╭──

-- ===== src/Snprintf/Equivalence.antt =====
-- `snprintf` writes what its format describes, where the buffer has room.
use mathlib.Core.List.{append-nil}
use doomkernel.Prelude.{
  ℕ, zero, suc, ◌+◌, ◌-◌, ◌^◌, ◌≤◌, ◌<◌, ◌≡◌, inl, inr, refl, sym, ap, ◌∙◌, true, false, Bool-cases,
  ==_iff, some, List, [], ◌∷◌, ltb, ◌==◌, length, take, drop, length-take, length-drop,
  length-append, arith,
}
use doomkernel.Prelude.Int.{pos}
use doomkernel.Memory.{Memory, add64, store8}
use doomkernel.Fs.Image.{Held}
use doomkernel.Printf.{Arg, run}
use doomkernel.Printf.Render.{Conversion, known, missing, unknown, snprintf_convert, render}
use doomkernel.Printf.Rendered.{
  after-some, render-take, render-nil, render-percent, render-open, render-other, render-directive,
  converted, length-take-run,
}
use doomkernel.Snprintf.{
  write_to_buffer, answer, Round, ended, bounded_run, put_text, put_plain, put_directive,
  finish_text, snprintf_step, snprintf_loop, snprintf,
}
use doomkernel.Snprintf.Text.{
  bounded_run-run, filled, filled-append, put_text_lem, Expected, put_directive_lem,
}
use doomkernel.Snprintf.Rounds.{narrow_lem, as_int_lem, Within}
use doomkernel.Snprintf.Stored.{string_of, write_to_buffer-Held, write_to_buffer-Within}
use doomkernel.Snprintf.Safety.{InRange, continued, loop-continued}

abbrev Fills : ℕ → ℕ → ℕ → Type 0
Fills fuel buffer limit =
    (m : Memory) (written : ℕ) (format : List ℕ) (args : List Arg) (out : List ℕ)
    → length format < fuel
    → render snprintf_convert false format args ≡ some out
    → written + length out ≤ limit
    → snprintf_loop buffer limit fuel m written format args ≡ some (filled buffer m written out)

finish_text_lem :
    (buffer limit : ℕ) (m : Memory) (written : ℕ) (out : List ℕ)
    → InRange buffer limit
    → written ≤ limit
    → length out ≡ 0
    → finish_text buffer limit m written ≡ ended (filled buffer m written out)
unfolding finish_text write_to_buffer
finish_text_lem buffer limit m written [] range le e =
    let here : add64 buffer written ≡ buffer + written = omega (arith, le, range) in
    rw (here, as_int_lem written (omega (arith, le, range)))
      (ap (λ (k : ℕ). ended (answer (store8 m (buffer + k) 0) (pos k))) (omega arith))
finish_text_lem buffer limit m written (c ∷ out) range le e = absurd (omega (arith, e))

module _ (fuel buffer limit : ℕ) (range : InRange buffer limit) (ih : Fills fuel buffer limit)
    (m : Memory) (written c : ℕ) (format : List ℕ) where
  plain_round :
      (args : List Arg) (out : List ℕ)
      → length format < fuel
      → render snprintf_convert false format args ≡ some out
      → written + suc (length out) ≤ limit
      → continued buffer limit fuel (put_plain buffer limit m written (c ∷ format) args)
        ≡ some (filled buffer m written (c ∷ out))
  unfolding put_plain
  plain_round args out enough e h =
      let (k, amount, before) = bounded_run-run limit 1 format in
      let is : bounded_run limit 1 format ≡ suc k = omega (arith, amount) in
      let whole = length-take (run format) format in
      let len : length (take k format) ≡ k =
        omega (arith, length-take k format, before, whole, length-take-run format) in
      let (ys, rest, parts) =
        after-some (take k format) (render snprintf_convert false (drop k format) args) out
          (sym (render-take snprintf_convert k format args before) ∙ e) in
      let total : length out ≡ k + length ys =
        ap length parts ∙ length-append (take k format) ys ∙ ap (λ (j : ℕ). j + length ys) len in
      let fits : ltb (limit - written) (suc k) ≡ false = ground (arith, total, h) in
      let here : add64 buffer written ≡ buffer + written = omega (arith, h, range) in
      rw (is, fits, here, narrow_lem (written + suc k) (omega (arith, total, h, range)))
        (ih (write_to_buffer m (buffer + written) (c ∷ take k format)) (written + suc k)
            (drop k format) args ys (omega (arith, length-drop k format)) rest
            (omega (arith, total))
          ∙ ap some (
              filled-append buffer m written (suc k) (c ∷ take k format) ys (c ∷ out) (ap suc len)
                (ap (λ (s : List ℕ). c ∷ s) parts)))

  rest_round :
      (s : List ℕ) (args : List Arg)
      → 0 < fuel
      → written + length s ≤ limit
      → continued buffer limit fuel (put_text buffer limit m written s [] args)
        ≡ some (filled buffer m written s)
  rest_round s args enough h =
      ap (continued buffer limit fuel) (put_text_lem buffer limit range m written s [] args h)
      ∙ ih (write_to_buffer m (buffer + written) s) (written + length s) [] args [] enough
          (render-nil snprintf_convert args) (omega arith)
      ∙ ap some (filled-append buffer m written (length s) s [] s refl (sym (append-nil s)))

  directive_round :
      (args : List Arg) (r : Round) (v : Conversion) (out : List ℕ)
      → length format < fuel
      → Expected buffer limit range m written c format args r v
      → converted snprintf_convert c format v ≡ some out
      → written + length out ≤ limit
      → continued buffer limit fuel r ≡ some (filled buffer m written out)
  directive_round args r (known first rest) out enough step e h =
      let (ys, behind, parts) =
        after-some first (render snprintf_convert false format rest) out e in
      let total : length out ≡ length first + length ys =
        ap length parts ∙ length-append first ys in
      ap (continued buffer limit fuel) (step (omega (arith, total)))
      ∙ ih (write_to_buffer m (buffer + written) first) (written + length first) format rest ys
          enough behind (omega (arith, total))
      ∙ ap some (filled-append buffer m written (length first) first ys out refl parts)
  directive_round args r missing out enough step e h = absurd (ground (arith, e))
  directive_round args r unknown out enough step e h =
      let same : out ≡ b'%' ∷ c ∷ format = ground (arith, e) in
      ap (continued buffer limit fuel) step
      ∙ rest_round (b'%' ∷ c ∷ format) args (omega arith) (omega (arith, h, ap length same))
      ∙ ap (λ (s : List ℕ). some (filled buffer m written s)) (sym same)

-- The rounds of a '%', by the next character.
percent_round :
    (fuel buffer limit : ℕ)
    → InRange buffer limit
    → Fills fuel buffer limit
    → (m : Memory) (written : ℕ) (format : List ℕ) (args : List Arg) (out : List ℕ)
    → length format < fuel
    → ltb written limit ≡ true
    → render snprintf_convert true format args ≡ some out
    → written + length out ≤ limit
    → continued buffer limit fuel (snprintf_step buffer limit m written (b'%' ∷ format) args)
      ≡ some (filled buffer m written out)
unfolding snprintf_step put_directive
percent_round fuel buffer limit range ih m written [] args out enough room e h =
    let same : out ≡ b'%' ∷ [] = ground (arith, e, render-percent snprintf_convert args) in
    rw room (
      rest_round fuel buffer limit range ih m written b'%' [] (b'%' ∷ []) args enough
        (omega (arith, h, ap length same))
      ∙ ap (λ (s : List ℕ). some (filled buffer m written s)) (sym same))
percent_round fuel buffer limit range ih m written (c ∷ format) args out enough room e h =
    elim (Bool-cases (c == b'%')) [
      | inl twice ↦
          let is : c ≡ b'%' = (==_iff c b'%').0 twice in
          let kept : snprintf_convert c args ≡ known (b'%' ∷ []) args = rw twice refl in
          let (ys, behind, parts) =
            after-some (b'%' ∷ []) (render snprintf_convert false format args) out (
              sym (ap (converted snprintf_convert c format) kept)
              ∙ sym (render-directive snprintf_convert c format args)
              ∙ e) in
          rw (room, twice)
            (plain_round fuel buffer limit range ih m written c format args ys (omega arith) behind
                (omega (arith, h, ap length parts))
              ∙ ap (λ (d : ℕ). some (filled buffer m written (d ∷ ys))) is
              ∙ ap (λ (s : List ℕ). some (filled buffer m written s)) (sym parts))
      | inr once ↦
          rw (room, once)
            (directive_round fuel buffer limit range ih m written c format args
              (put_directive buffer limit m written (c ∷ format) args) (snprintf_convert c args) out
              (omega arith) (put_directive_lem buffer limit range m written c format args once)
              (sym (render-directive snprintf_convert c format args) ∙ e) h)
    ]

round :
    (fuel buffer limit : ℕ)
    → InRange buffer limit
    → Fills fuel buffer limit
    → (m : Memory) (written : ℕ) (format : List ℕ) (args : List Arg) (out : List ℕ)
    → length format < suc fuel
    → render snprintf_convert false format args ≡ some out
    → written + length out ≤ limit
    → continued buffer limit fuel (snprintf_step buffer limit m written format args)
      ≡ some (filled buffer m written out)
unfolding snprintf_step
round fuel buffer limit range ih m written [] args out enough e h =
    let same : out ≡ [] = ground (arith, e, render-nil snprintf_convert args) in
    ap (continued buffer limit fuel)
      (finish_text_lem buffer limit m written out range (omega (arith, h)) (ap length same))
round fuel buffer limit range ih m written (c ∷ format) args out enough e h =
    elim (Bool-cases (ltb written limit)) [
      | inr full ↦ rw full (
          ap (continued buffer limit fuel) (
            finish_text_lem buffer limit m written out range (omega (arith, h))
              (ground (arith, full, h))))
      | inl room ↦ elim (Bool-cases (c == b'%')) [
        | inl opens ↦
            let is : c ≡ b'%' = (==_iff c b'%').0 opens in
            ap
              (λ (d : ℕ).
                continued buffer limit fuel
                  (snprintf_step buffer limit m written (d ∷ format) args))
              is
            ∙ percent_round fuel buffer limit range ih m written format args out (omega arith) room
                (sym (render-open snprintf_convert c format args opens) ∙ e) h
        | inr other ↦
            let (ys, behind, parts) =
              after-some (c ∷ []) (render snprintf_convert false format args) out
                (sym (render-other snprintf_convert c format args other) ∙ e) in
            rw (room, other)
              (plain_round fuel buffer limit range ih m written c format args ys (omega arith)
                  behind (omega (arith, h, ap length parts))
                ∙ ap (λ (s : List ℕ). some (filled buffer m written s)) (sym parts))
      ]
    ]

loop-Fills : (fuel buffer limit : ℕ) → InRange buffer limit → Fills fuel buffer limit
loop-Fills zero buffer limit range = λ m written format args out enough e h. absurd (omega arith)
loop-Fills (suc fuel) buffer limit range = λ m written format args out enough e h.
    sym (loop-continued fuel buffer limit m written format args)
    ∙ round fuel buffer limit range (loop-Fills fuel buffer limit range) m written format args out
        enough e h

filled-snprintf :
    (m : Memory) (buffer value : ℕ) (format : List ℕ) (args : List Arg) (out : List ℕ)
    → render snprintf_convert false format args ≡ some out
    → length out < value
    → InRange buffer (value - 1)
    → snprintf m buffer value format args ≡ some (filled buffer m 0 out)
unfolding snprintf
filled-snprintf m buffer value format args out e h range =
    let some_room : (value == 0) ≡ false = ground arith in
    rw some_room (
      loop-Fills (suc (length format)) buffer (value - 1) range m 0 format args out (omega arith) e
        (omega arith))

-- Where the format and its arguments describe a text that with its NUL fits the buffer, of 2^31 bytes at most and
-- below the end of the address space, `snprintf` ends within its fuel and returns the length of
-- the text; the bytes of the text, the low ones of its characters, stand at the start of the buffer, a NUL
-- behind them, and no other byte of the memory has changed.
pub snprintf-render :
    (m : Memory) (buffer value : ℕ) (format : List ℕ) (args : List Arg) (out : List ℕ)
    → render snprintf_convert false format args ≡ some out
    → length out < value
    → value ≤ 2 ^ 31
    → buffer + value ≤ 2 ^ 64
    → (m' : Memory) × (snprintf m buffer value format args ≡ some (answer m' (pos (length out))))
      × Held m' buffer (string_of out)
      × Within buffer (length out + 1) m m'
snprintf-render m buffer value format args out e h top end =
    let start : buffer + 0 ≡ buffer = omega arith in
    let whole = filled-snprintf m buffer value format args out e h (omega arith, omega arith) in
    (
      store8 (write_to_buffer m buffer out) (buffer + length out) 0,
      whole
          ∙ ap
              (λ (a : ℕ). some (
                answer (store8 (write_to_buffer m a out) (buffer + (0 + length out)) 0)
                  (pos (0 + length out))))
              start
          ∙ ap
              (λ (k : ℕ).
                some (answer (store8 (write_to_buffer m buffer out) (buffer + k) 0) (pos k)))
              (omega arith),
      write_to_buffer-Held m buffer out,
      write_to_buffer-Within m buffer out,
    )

╰──

Assignment
Answer with one number only: how many lines in the listing include "converted".

Exercise solution
3